> [Problem to work on]: Go through the entries below and print, exactly, the lines starting at the one with "done : A → Run A" and ending at the one with "spent >>= f = spent", keeping both ends and no others.
:: Dataset ::
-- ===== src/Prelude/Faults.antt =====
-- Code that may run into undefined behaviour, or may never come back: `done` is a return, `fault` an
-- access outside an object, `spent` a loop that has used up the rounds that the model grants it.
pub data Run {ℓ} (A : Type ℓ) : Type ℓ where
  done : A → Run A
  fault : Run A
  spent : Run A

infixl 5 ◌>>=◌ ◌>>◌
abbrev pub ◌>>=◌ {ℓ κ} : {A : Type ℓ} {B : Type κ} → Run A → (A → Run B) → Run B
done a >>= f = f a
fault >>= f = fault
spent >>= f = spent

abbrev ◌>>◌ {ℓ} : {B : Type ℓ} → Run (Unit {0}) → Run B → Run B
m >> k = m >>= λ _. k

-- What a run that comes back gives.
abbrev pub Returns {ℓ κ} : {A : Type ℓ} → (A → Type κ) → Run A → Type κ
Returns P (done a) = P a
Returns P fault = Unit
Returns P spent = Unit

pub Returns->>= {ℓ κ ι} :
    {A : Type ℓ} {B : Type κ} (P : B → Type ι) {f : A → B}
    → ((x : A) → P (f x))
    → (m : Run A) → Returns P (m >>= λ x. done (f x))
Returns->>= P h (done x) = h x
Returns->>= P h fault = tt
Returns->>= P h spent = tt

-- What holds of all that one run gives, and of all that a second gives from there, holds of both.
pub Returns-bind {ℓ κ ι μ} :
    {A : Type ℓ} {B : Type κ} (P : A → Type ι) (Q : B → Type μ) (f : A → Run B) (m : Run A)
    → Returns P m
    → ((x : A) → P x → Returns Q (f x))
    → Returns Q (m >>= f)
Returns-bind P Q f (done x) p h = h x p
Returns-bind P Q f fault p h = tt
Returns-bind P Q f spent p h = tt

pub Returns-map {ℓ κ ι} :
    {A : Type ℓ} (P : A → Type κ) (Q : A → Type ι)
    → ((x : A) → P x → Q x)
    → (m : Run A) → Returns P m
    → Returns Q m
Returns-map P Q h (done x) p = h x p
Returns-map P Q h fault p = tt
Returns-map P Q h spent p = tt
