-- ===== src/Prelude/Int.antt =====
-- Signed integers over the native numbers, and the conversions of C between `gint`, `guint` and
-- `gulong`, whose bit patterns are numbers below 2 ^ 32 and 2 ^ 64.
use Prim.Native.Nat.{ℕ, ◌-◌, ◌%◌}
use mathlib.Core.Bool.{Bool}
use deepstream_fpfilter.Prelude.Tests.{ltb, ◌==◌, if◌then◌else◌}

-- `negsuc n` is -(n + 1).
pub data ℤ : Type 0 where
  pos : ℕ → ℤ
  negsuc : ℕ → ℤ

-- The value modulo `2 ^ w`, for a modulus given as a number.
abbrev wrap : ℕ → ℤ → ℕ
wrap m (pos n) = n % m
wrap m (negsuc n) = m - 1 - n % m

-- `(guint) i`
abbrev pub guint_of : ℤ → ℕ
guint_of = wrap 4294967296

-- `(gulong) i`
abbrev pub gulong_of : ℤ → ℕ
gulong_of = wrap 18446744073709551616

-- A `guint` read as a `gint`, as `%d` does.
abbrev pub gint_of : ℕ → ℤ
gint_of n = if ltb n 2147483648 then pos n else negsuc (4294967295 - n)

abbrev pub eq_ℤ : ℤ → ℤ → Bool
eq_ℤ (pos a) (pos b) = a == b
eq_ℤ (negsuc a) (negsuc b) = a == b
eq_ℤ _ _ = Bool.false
:::
> [Written response]:
  done : A → Run A
  fault : Run A
  spent : Run A

infixl 5 ◌>>=◌ ◌>>◌
abbrev pub ◌>>=◌ {ℓ κ} : {A : Type ℓ} {B : Type κ} → Run A → (A → Run B) → Run B
done a >>= f = f a
fault >>= f = fault
spent >>= f = spent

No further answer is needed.